Finally, the most common technique is the compression of natural gas, its transportation in a gaseous state compressed at high pressure, and its delivery to the premises of the client. There is a great number of ways to provide this service. I list various ways below by which it may be done.
One way of transporting compressed gas is transporting it in cylinder pallets which are transferred pallet by pallet. They are individually filled in compressed form and exchanged at the premises of the client as each pallet is consumed. The Galileu patents, numbers PI 0201043 and PI 0601501 use this process. The idea is interesting but transferring the pallets is very risky primarily due to their weight.
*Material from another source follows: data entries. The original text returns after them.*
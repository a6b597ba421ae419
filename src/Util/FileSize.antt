-- ===== src/Util/FileSize.antt =====
-- src/ioproxy/util/HumanReadableFormatter.cpp: a number of bytes in the largest unit below it. The
-- digits of the quotient, a `double`, are Qt's: a function of the number, the divider and the
-- precision.
use ioproxy.Base.{
  ℕ, ◌*◌, ◌^◌, ◌≡◌, ◌<◌, ◌⊎◌, inl, inr, refl, String, List, [], ◌∷◌, arith, ltb, Bool-cases,
  get_elem?, some, if◌then◌else◌,
}
use ioproxy.Base.Int.{ℤ, pos, ltb_ℤ, ◌≤ℤ◌, ◌<ℤ◌}

abbrev pub Digits : Type 0
Digits = ℤ → ℕ → ℕ → String

-- `abbrevation` and `divider` after the chain of tests.
unfoldable pub unit_of : ℤ → String × ℕ
unit_of size =
    if ltb_ℤ (pos 1152921504606846976) size
    then ("EB", 1152921504606846976)
    else if ltb_ℤ (pos 1125899906842624) size
    then ("PB", 1125899906842624)
    else if ltb_ℤ (pos 1099511627776) size
    then ("TB", 1099511627776)
    else if ltb_ℤ (pos 1073741824) size
    then ("GB", 1073741824)
    else if ltb_ℤ (pos 1048576) size
    then ("MB", 1048576)
    else if ltb_ℤ (pos 1024) size
    then ("KB", 1024)
    else ("Bytes", 1)

-- The number and the unit, as `QString("%1 %2")` joins them.
unfoldable pub file_size : Digits → (String → String → String) → ℤ → ℕ → String
unfolding unit_of
file_size digits join size precision =
    let (abbreviation, divider) = unit_of size in
    join (digits size divider (if ltb 1 divider then precision else 0)) abbreviation

-- The units, each a thousand and twenty-four of the one before.
abbrev pub units : List (String × ℕ)
units =
    ("Bytes", 1)
    ∷ ("KB", 1024)
    ∷ ("MB", 1024 ^ 2)
    ∷ ("GB", 1024 ^ 3)
    ∷ ("TB", 1024 ^ 4)
    ∷ ("PB", 1024 ^ 5)
    ∷ ("EB", 1024 ^ 6)
    ∷ []

-- How the unit fits the number: it is one of `units`; it is exceeded by the number, but for bytes;
-- and 1024 of it are not exceeded, but for the largest.
abbrev pub Fits : ℤ → String × ℕ → Type 0
Fits size u =
    ((k : ℕ) × (k < 7) × (get_elem? units k ≡ some u))
    × ((u.1 ≡ 1) ⊎ (pos u.1 <ℤ size))
    × ((u.1 ≡ 1024 ^ 6) ⊎ (size ≤ℤ pos (1024 * u.1)))

chain-Fits :
    (size : ℤ) (k : ℕ) (u rest : String × ℕ)
    → k < 7
    → get_elem? units k ≡ some u
    → (u.1 ≡ 1024 ^ 6) ⊎ (size ≤ℤ pos (1024 * u.1))
    → (size ≤ℤ pos u.1 → Fits size rest)
    → Fits size (if ltb_ℤ (pos u.1) size then u else rest)
chain-Fits size k u rest h e top below = elim (Bool-cases (ltb_ℤ (pos u.1) size)) [
  | inl b ↦ rw b ((k, h, e), inr (ground arith), top)
  | inr b ↦ rw b (below (ground arith))
]

-- The unit of a size is one of seven, each 1024 of the one before; the size exceeds it, but for bytes;
-- and the size is at most 1024 of it, but for the largest.
pub unit_of-Fits : (size : ℤ) → Fits size (unit_of size)
unfolding unit_of
unit_of-Fits size = chain-Fits size 6 _ _ (omega arith) refl (inl refl) λ eb.
    chain-Fits size 5 _ _ (omega arith) refl (inr eb) λ pb.
      chain-Fits size 4 _ _ (omega arith) refl (inr pb) λ tb.
        chain-Fits size 3 _ _ (omega arith) refl (inr tb) λ gb.
          chain-Fits size 2 _ _ (omega arith) refl (inr gb) λ mb.
            chain-Fits size 1 _ _ (omega arith) refl (inr mb)
              λ kb. ((0, omega arith, refl), inl refl, inr kb)
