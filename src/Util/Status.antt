-- ===== src/Util/Status.antt =====
-- src/ioproxy-cli/src/ConsoleStatusPrinter.cpp: the line of statistics that a timer prints each second.
-- The division of `double`s and its conversion to `qint64` are a parameter.
pub mod Lines
use ioproxy.Base.{Bool, true, false, Option, none, some, String, List, [], ◌∷◌, if◌then◌else◌}
use ioproxy.Base.Int.{ℤ, pos, ◌-ℤ◌}
use ioproxy.Engine.{Engine, Statistic, statistic_summary}
use ioproxy.Util.FileSize.{file_size, Digits}

pub record Printer : Type 0 where
  pub running : Bool
  pub previous_statistic : Statistic
  pub previous_timestamp : ℤ

-- What Qt does: digits, the joining of a number and a unit, the rate of a difference per second of
-- a difference of milliseconds, and the text of a line.
pub record Output : Type 0 where
  pub digits : Digits
  pub join : String → String → String
  pub rate : ℤ → ℤ → ℤ
  pub line : String → String → String → String → String

abbrev pub new_printer : Printer
new_printer = record {
  running = false;
  previous_statistic = record { bytes_read = 0; bytes_written = 0 };
  previous_timestamp = pos 0;
}

unfoldable pub start : Printer → Printer
start p = record p { running = true }

unfoldable pub stop : Printer → Printer
stop p = record p { running = false }

module _ (out : Output) where
  -- The text of two totals and of their differences to two totals before, over some time.
  unfoldable pub report : Statistic → Statistic → ℤ → String
  unfolding file_size
  report sum previous time =
      let read = out.rate (pos sum.bytes_read -ℤ pos previous.bytes_read) time in
      let write = out.rate (pos sum.bytes_written -ℤ pos previous.bytes_written) time in
      out.line (file_size out.digits out.join (pos sum.bytes_read) 2)
        (file_size out.digits out.join read 2)
        (file_size out.digits out.join (pos sum.bytes_written) 2)
        (file_size out.digits out.join write 2)

  unfoldable pub print_statistics : {F S : Type 0} → ℤ → Engine F S → Printer → Printer × String
  unfolding report
  print_statistics now e p =
      let sum = statistic_summary e in
      (
        record p { previous_statistic = sum; previous_timestamp = now },
        report sum p.previous_statistic (now -ℤ p.previous_timestamp),
      )

  -- The timer of a second: it fires only while it runs.
  unfoldable pub timeout : {F S : Type 0} → ℤ → Engine F S → Printer → Printer × Option String
  timeout now e p =
      let (p', text) = print_statistics now e p in if p.running then (p', some text) else (p, none)

  -- The lines of a running printer at some times, with the engine as it is then.
  unfoldable pub lines : {F S : Type 0} → List (ℤ × Engine F S) → Printer → List (Option String)
  unfolding timeout
  lines [] p = []
  lines ((now, e) ∷ rest) p = (timeout now e p).1 ∷ lines rest (timeout now e p).0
The patent of Gastron Comprimido S.A. number PI 0604520 for a rigid structure for the transportation of cylinders of fluids on the flat beds of trucks which can be coupled to a winching system also describes the use of a pallet.
Separated supply by pallets also causes operational difficulties at the level of compression. The use of this system also reduces the number of cylinders transported, reducing the volume and increasing the cost per m3 transported.
Neogas Inc has developed new technologies regarding the compression, transportation and transference of gas, such that the cylinders used have a mobile internal part which prevents the specially composed hydraulic oil from getting mixed with the gas.
Patent application PI 0208143-1 (WO 02075204; priority 16 Mar. 2001) of Igor Krasnov, refers to a compressed natural gas system, which is composed of a control section, a transference section, and a refueling section. The control section possesses a control panel and a hydraulic fluid reservoir, which contains hydraulic fluid (synthetic hydrocarbon hydraulic oil). The transference section is composed of banks of high pressure storage cylinders, with each bank containing an equal number of cylinders, which are identical in size. The hydraulic fluid ports of each cylinder in the bank of cylinders are coupled parallel to a fluid manifold, with each fluid manifold possessing a manual closing valve. The cylinders are composed of a first end and a second end, with the second end being closed. The first end possesses an opening into which an adaptation passes, which contains a hydraulic fluid port and a gas port. A tracking element is positioned in the interior of the cylinder chamber between the CNG and the hydraulic fluid. This tracking disc would require extremely high investment, in addition to the “almost impossible” maintenance of the disc in the interior of the cylinder, thus rendering it unviable.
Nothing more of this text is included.